Kirsteen: Back to the mother though. It's unusual to get close to a parent's perspective in middle-grade or young-adult fiction, but Morag is realistically drawn – a real person with her own problems. Ella's father has been missing, likely drowned, for years, her grandfather too drowned in the lake and the weight of keeping the family's South Island high country horse trekking business afloat — as well as Ella's grandmother's failing health — are all pressing on Morag.

Libby: That's boring, Mum, let's talk about the tooth.

Kirsteen: The tooth then ... in Fiona's collection is a yellowed tooth as long as little Fiona's hand is wide. An unsettling glimpse into the dentistry of the mysterious black horse, a kelpie, a loch monster, out of place on the shores of a South Island lake and as far from home as Ella's Scottish grandmother Griselda.

Libby: Her name is Grizzly, Mum.

Kirsteen: in many ways, The Grimmelings is Grizzly's story. Each morning, Grizzly gifts Ella a word, a scrawl on a scrap of paper, many of them Scottish. Some of the book's chapters open with one or more of these gifted words. They relate to the action in the chapter and often connect to nature.
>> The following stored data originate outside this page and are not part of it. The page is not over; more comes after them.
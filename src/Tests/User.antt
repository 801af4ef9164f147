-- ===== src/Tests/User.antt =====
-- Witnesses for the guards and the reference count of src/interface.c.
use libieee.Port.E1284
use libieee.Common.{List, [], arith, false, pos, refl, ℕ, ◌∷◌, ◌≡◌}
use libieee.Interface.{deref_port, ieee1284_close, ieee1284_unref}
use libieee.Interface.References.{
  Counted, Reach-Counted, and_call, close_port, drop_reference, no_calls,
}
use libieee.Io.{cleanup, io_access_methods}
use libieee.Io.Opened.{io_cleanup-Stands, io_init-Stands}
use libieee.Port.Life.{LifetimeKept, lasts}
use libieee.Port.Machine.{Machine, Table}
use libieee.Port.Methods.{Methods}
use libieee.Port.Run.{done}
use libieee.Tables.{access_methods}
use libieee.Tables.Lifetime.{access_methods-LifetimeKept}
use libieee.Tests.Sim.{sample, sample_port, sim_host, sim_rounds}

abbrev two_bytes : List ℕ
two_bytes = 0x41 ∷ 0x42 ∷ []

-- The tables of the library, on the simulated host.
abbrev sim_tables : Table → Methods ℕ
sim_tables = access_methods sim_host sim_rounds (io_access_methods sim_host sim_rounds)

sim_tables-LifetimeKept : LifetimeKept sim_tables 0
sim_tables-LifetimeKept =
    access_methods-LifetimeKept sim_host sim_rounds _ 0
      (λ _ flags caps s. io_init-Stands sim_host flags caps s)
      (λ s. lasts s (io_cleanup-Stands sim_host s))

-- The open port after its close, with one reference outside the library, and without any.
abbrev shut : Machine ℕ
shut = record sample { port = record sample_port { opened = false; ref = pos 1 } }

abbrev freed : Machine ℕ
freed = record sample { port = record sample_port { opened = false; ref = pos 0 }; live = false }

sample-Counted : Counted 1 sample
sample-Counted = record { ref = refl; live = ground arith }

close_sample : ieee1284_close sim_tables sample ≡ done E1284.ok shut
unfolding ieee1284_close deref_port cleanup
close_sample = refl

unref_shut : ieee1284_unref sim_tables shut ≡ done (pos 0) freed
unfolding ieee1284_unref deref_port
unref_shut = refl

-- An open port is closed, and the last reference is given back: the port is freed.
Reach-Counted_example : Counted 0 freed
Reach-Counted_example =
    Reach-Counted sim_tables-LifetimeKept {disallow_ppdev = false} sample-Counted (
      and_call (and_call no_calls (close_port E1284.ok refl close_sample))
        (drop_reference (pos 0) refl unref_shut))
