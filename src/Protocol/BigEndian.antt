-- ===== src/Protocol/BigEndian.antt =====
-- encoding/binary: the big-endian `PutUint16`, `PutUint32`, `PutUint64` and their readers.
use yyb_go.Prelude.{ℕ, ◌+◌, ◌*◌, ◌/◌, ◌%◌, ◌^◌, ◌<◌, ◌≡◌, [], ◌∷◌, arith, Bytes}

abbrev pub put_uint16 : ℕ → Bytes
put_uint16 x = x / 256 % 256 ∷ x % 256 ∷ []

abbrev pub uint16 : ℕ → ℕ → ℕ
uint16 a b = a * 256 + b

abbrev pub put_uint32 : ℕ → Bytes
put_uint32 x = x / 2 ^ 24 % 256 ∷ x / 2 ^ 16 % 256 ∷ x / 256 % 256 ∷ x % 256 ∷ []

abbrev pub uint32 : ℕ → ℕ → ℕ → ℕ → ℕ
uint32 a b c d = a * 2 ^ 24 + b * 2 ^ 16 + c * 256 + d

pub uint16-put : (x : ℕ) → x < 2 ^ 16 → uint16 (x / 256 % 256) (x % 256) ≡ x
uint16-put x h = omega arith

pub uint32-put :
    (x : ℕ)
    → x < 2 ^ 32
    → uint32 (x / 2 ^ 24 % 256) (x / 2 ^ 16 % 256) (x / 256 % 256) (x % 256) ≡ x
uint32-put x h = omega arith
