-- ===== src/Protocol/Handshake.antt =====
-- internal/protocol/mmtls_protocol.go: the framing of handshake messages, `Finished` and
-- `NewSessionTicket`.
pub mod Framing
pub mod Tickets
mod Tests
use yyb_go.Prelude.{
  ℕ, zero, suc, ◌+◌, ◌-◌, ◌^◌, ◌%◌, ◌||◌, not, List, [], ◌∷◌, ◌++◌, ltb, leb, ◌==◌, if◌then◌else◌,
  length, take, drop, Bytes,
}
use yyb_go.Prelude.Outcome.{Outcome, ok, err, panic}
use yyb_go.Protocol.BigEndian.{put_uint16, uint16, put_uint32, uint32}

abbrev pub hs_finished : ℕ
hs_finished = 0x14

pub data Error : Type 0 where
  too_short invalid_length bad_verify_data truncated : Error

-- `uint32(total)` wraps around in `put_uint32`.
unfoldable pub build_handshake : ℕ → Bytes → Bytes
build_handshake msg_type body = put_uint32 (1 + length body) ++ msg_type ∷ body

-- `inner[0], inner[1:]`
unfoldable pub split_inner : Bytes → Outcome Error (ℕ × Bytes)
split_inner [] = panic
split_inner (msg_type ∷ body) = ok (msg_type, body)

unfoldable pub split_framed : ℕ → Bytes → Outcome Error (ℕ × Bytes)
unfolding split_inner
split_framed total rest =
    if leb total 0 || ltb (length rest) total
    then err invalid_length
    else split_inner (take total rest)

unfoldable pub split_handshake : Bytes → Outcome Error (ℕ × Bytes)
split_handshake (t3 ∷ t2 ∷ t1 ∷ t0 ∷ b ∷ rest) = split_framed (uint32 t3 t2 t1 t0) (b ∷ rest)
split_handshake _ = err too_short

unfoldable pub build_finished : Bytes → Outcome Error Bytes
unfolding build_handshake
build_finished verify_data =
    if not (length verify_data == 32)
    then err bad_verify_data
    else ok (build_handshake hs_finished (put_uint16 (length verify_data) ++ verify_data))

unfoldable pub parse_finished : Bytes → Outcome Error Bytes
parse_finished (n1 ∷ n0 ∷ rest) =
    let n = uint16 n1 n0 in if ltb (length rest) n then err truncated else ok (take n rest)
parse_finished _ = err too_short

pub record PskTicket : Type 0 where
  pub psk_type : ℕ
  pub lifetime : ℕ
  pub ticket_entry : Bytes

-- `entry[0]` and `entry[1:5]`, which panic on an entry of fewer than five bytes.
unfoldable pub ticket_of : Bytes → Outcome Error PskTicket
ticket_of (p ∷ l3 ∷ l2 ∷ l1 ∷ l0 ∷ more) = ok (record {
  psk_type = p;
  lifetime = uint32 l3 l2 l1 l0;
  ticket_entry = p ∷ l3 ∷ l2 ∷ l1 ∷ l0 ∷ more;
})
ticket_of _ = panic

unfoldable pub add_ticket :
    Outcome Error PskTicket → Outcome Error (List PskTicket) → Outcome Error (List PskTicket)
add_ticket (ok t) (ok ts) = ok (t ∷ ts)
add_ticket (ok t) (err e) = err e
add_ticket (ok t) panic = panic
add_ticket (err e) ts = err e
add_ticket panic ts = panic

-- The loop over `count` entries; the list is `body[o:]`. An entry that is cut or too short ends it.
unfoldable pub tickets_loop : ℕ → Bytes → Outcome Error (List PskTicket)
unfolding ticket_of add_ticket
tickets_loop zero rest = ok []
tickets_loop (suc count) (e3 ∷ e2 ∷ e1 ∷ e0 ∷ rest) =
    let elen = uint32 e3 e2 e1 e0 in
    let later = tickets_loop count (drop elen rest) in
    if ltb (length rest) elen || ltb elen 5
    then ok []
    else add_ticket (ticket_of (take elen rest)) later
tickets_loop (suc count) _ = ok []

unfoldable pub parse_new_session_ticket : Bytes → Outcome Error (List PskTicket)
unfolding tickets_loop
parse_new_session_ticket [] = ok []
parse_new_session_ticket (count ∷ rest) = tickets_loop count rest
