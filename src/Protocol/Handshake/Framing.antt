-- ===== src/Protocol/Handshake/Framing.antt =====
-- internal/protocol/mmtls_protocol.go: `splitHandshake` and `parseFinished` on what was built.
use yyb_go.Prelude.{
  ℕ, ◌+◌, ◌^◌, ◌<◌, ◌≡◌, ◌≢◌, ◌⊎◌, refl, ap, sym, ◌∙◌, inl, inr, false, ◌||◌, [], ◌∷◌, ◌++◌, arith,
  ltb, leb, ◌==◌, Bool-cases, length, take, take-length-append, length-append, append-nil, Bytes,
}
use yyb_go.Prelude.Outcome.{ok, err}
use yyb_go.Protocol.BigEndian.{put_uint16, uint16-put, uint32-put}
use yyb_go.Protocol.Handshake.{
  build_handshake, split_inner, split_framed, split_handshake, build_finished, parse_finished,
  hs_finished, bad_verify_data,
}

-- A handshake message is split into its type and its body, whatever follows it, if it is shorter than
-- 2 ^ 32 bytes.
pub split_handshake-build_handshake :
    (msg_type : ℕ) (body rest : Bytes)
    → 1 + length body < 2 ^ 32
    → split_handshake (build_handshake msg_type body ++ rest) ≡ ok (msg_type, body)
unfolding build_handshake split_handshake split_framed
split_handshake-build_handshake msg_type body rest h =
    let total = 1 + length body in
    let guard : (leb total 0 || ltb (length (msg_type ∷ (body ++ rest))) total) ≡ false =
      ground (arith, length-append body rest) in
    rw (uint32-put total h, guard)
      (ap split_inner (take-length-append total (msg_type ∷ body) rest (omega arith)))

finished_lem :
    (verify_data : Bytes)
    → length verify_data ≡ 32
    → parse_finished (put_uint16 (length verify_data) ++ verify_data) ≡ ok verify_data
unfolding parse_finished
finished_lem verify_data size =
    let fits : ltb (length verify_data) (length verify_data) ≡ false = ground arith in
    rw (uint16-put (length verify_data) (omega arith), fits)
      (ap (λ (b : Bytes). ok b)
        (ap (take (length verify_data)) (sym (append-nil verify_data))
          ∙ take-length-append (length verify_data) verify_data [] refl))

-- `buildFinished` accepts exactly 32 bytes, and these are what the other side reads: the message is
-- split, whatever follows it, and `parseFinished` returns them.
pub build_finished_cases :
    (verify_data : Bytes)
    → ((length verify_data ≢ 32) × (build_finished verify_data ≡ err bad_verify_data))
      ⊎ ((message : Bytes) × (body : Bytes) × (length verify_data ≡ 32)
          × (build_finished verify_data ≡ ok message)
          × ((rest : Bytes) → split_handshake (message ++ rest) ≡ ok (hs_finished, body))
          × (parse_finished body ≡ ok verify_data))
unfolding build_finished
build_finished_cases verify_data = elim (Bool-cases (length verify_data == 32)) [
  | inr wrong ↦ inl ((λ e. absurd (ground arith)), rw wrong refl)
  | inl right ↦
      let size : length verify_data ≡ 32 = ground arith in
      let body = put_uint16 (length verify_data) ++ verify_data in
      inr (
        build_handshake hs_finished body,
        body,
        size,
        rw right refl,
        (λ rest. split_handshake-build_handshake hs_finished body rest (omega arith)),
        finished_lem verify_data size,
      )
]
Liminal, is one of the words defined in this way in an early chapter, others include blirt (a sudden gust of wind and rain or a fit of crying) and braw (handsome).

Libby: I found the new words interesting, and I think I would recognise a few of them if I read them in another book. A few months ago, my friend and I were trying to learn Scottish Gaelic (my Grandad is from Glasgow, and my friend has Scottish heritage too).
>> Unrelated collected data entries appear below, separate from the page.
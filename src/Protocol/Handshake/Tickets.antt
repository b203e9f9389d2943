-- ===== src/Protocol/Handshake/Tickets.antt =====
-- internal/protocol/mmtls_protocol.go: `parseNewSessionTicket` on any message, and on a list of entries.
use yyb_go.Prelude.{
  ℕ, zero, suc, ◌+◌, ◌-◌, ◌^◌, ◌≤◌, ◌<◌, ◌≡◌, refl, subst, ap, false, ◌||◌, List, [], ◌∷◌, ◌++◌,
  arith, ltb, if-both, length, take, drop, map, All, take-length-append, drop-length-append,
  length-append, length-take, length-drop, append_assoc, Bytes,
}
use yyb_go.Prelude.Outcome.{Outcome, ok, err, panic}
use yyb_go.Protocol.BigEndian.{put_uint32, uint32, uint32-put}
use yyb_go.Protocol.Handshake.{
  PskTicket, Error, ticket_of, add_ticket, tickets_loop, parse_new_session_ticket,
}

-- The bytes that the tickets take in the message, with the length in front of each.
abbrev pub size_of : List PskTicket → ℕ
size_of [] = 0
size_of (t ∷ ts) = 4 + (length t.ticket_entry + size_of ts)

-- The tickets of an outcome: there is one, of at most `count` tickets that fit in `room` bytes, each
-- with an entry of five bytes or more.
abbrev pub Tickets : ℕ → ℕ → Outcome Error (List PskTicket) → Type 0
Tickets count room (ok ts) =
    (length ts ≤ count)
    × (size_of ts ≤ room)
    × All (λ (t : PskTicket). 5 ≤ length t.ticket_entry) ts
Tickets count room (err e) = ⊥
Tickets count room panic = ⊥

ticket_of_lem :
    (entry : Bytes)
    → 5 ≤ length entry
    → (t : PskTicket) × (ticket_of entry ≡ ok t) × (t.ticket_entry ≡ entry)
unfolding ticket_of
ticket_of_lem [] h = absurd (omega arith)
ticket_of_lem (_ ∷ []) h = absurd (omega arith)
ticket_of_lem (_ ∷ _ ∷ []) h = absurd (omega arith)
ticket_of_lem (_ ∷ _ ∷ _ ∷ []) h = absurd (omega arith)
ticket_of_lem (_ ∷ _ ∷ _ ∷ _ ∷ []) h = absurd (omega arith)
ticket_of_lem (p ∷ l3 ∷ l2 ∷ l1 ∷ l0 ∷ more) h = (_, refl, refl)

add_ticket-Tickets :
    (count elen room : ℕ) (entry : Bytes) (later : Outcome Error (List PskTicket))
    → length entry ≡ elen
    → 5 ≤ elen
    → elen ≤ room
    → Tickets count (room - elen) later
    → Tickets (suc count) (4 + room) (add_ticket (ticket_of entry) later)
unfolding add_ticket
add_ticket-Tickets count elen room entry (err e) size long fits h = absurd h
add_ticket-Tickets count elen room entry panic size long fits h = absurd h
add_ticket-Tickets count elen room entry (ok ts) size long fits (few, small, whole) =
    let (t, made, kept) = ticket_of_lem entry (omega arith) in
    let entry_size = ap (λ (b : Bytes). length b) kept in
    rw made (omega arith, omega arith, (omega arith, whole))

tickets_loop-Tickets :
    (count : ℕ) (rest : Bytes) → Tickets count (length rest) (tickets_loop count rest)
unfolding tickets_loop
tickets_loop-Tickets zero rest = (omega arith, omega arith, tt)
tickets_loop-Tickets (suc count) [] = (omega arith, omega arith, tt)
tickets_loop-Tickets (suc count) (_ ∷ []) = (omega arith, omega arith, tt)
tickets_loop-Tickets (suc count) (_ ∷ _ ∷ []) = (omega arith, omega arith, tt)
tickets_loop-Tickets (suc count) (_ ∷ _ ∷ _ ∷ []) = (omega arith, omega arith, tt)
tickets_loop-Tickets (suc count) (e3 ∷ e2 ∷ e1 ∷ e0 ∷ rest) =
    let elen = uint32 e3 e2 e1 e0 in
    if-both (Tickets (suc count) (length (e3 ∷ e2 ∷ e1 ∷ e0 ∷ rest)))
      (ltb (length rest) elen || ltb elen 5) (λ _. (omega arith, omega arith, tt))
      (λ inside.
        let fits : elen ≤ length rest = ground arith in
        let long : 5 ≤ elen = ground arith in
        let later =
          subst (λ (n : ℕ). Tickets count n (tickets_loop count (drop elen rest)))
            (length-drop elen rest) (tickets_loop-Tickets count (drop elen rest)) in
        subst
          (λ (n : ℕ).
            Tickets (suc count) n
              (add_ticket (ticket_of (take elen rest)) (tickets_loop count (drop elen rest))))
          (omega arith)
          (add_ticket-Tickets count elen (length rest) (take elen rest)
            (tickets_loop count (drop elen rest)) (omega (arith, length-take elen rest)) long fits
            later))

-- On every message `parseNewSessionTicket` returns without a panic at most as many tickets as the
-- message's first byte says, each with an entry of five bytes or more, and all of them, with the
-- lengths in front, take no more than the message has behind that byte.
pub parse_new_session_ticket-Tickets :
    (count : ℕ) (rest : Bytes)
    → Tickets count (length rest) (parse_new_session_ticket (count ∷ rest))
unfolding parse_new_session_ticket
parse_new_session_ticket-Tickets count rest = tickets_loop-Tickets count rest

-- A server's message: the number of entries, and each with its length in front.
abbrev pub encode_entries : List Bytes → Bytes
encode_entries [] = []
encode_entries (entry ∷ entries) = put_uint32 (length entry) ++ (entry ++ encode_entries entries)

abbrev pub IsTicketEntry : Bytes → Type 0
IsTicketEntry entry = (5 ≤ length entry) × (length entry < 2 ^ 32)

tickets_loop-encode :
    (entries : List Bytes) (more : Bytes)
    → All IsTicketEntry entries
    → (ts : List PskTicket) × (tickets_loop (length entries) (encode_entries entries ++ more)
        ≡ ok ts)
      × (map (λ (t : PskTicket). t.ticket_entry) ts ≡ entries)
unfolding tickets_loop add_ticket
tickets_loop-encode [] more _ = ([], refl, refl)
tickets_loop-encode (entry ∷ entries) more ((long, short), rest) =
    let (ts, parsed, kept) = tickets_loop-encode entries more rest in
    let (t, made, same) = ticket_of_lem entry long in
    let tail = encode_entries entries ++ more in
    let guard : (ltb (length (entry ++ tail)) (length entry) || ltb (length entry) 5) ≡ false =
      ground (arith, length-append entry tail) in
    (
      t ∷ ts,
      rw
          (
            append_assoc entry (encode_entries entries) more,
            uint32-put (length entry) short,
            guard,
            take-length-append (length entry) entry tail refl,
            drop-length-append (length entry) entry tail refl,
            made,
            parsed,
          )
          refl,
      rw (same, kept) refl,
    )

-- `parseNewSessionTicket` returns the entries of a message in order, whatever follows them, if each has
-- from five to 2 ^ 32 - 1 bytes.
pub parse_new_session_ticket-encode_entries :
    (entries : List Bytes) (more : Bytes)
    → All IsTicketEntry entries
    → (ts : List PskTicket) × (parse_new_session_ticket
          (length entries ∷ (encode_entries entries ++ more))
        ≡ ok ts)
      × (map (λ (t : PskTicket). t.ticket_entry) ts ≡ entries)
unfolding parse_new_session_ticket
parse_new_session_ticket-encode_entries entries more h = tickets_loop-encode entries more h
Red sky at night, reviewers’ delight: The beautiful cover art of The Grimmelings, taken during the grimmelings (sunset) in Tāmaki Makaurau.

Kirsteen: the titular grimmelings is the first word defined in this way. It refers to the first and last glimmers of light in the day; when the day meets night, one thing becomes another, and aspects that might ordinarily be considered opposites connect. Rachael King's storytelling is compelling and careful, and there's plenty of imagery in the story that draws into the idea of light meeting dark. Magpie, the pony, is black and white, sired by the kelpie and named for her resemblance to the birds that frequent the paddocks nearby; the magpies themselves — black and white feathered enemies of the kelpie; and Fiona and Ella with their distinct and different hair.

Words, according to Grizzly, bind you to a place. Has she bound her grandchildren to Scotland — to its weather, lochs, and folklore? A monster is never welcome, but the kelpie, like the protective rowan Grizzly plants along the lake shore, is out of place in Aotearoa, a fantastical invasive species. The idea powering The Grimmelings is intriguing and unsettling: we leave home and cross oceans but still bring our words, our culture, and our monsters along for the ride to wreak havoc in new places and hold other people hostage. 

 Libby: I think ... we're done.

Reviewed by Kirsteen Ure and Libby Timmins (11).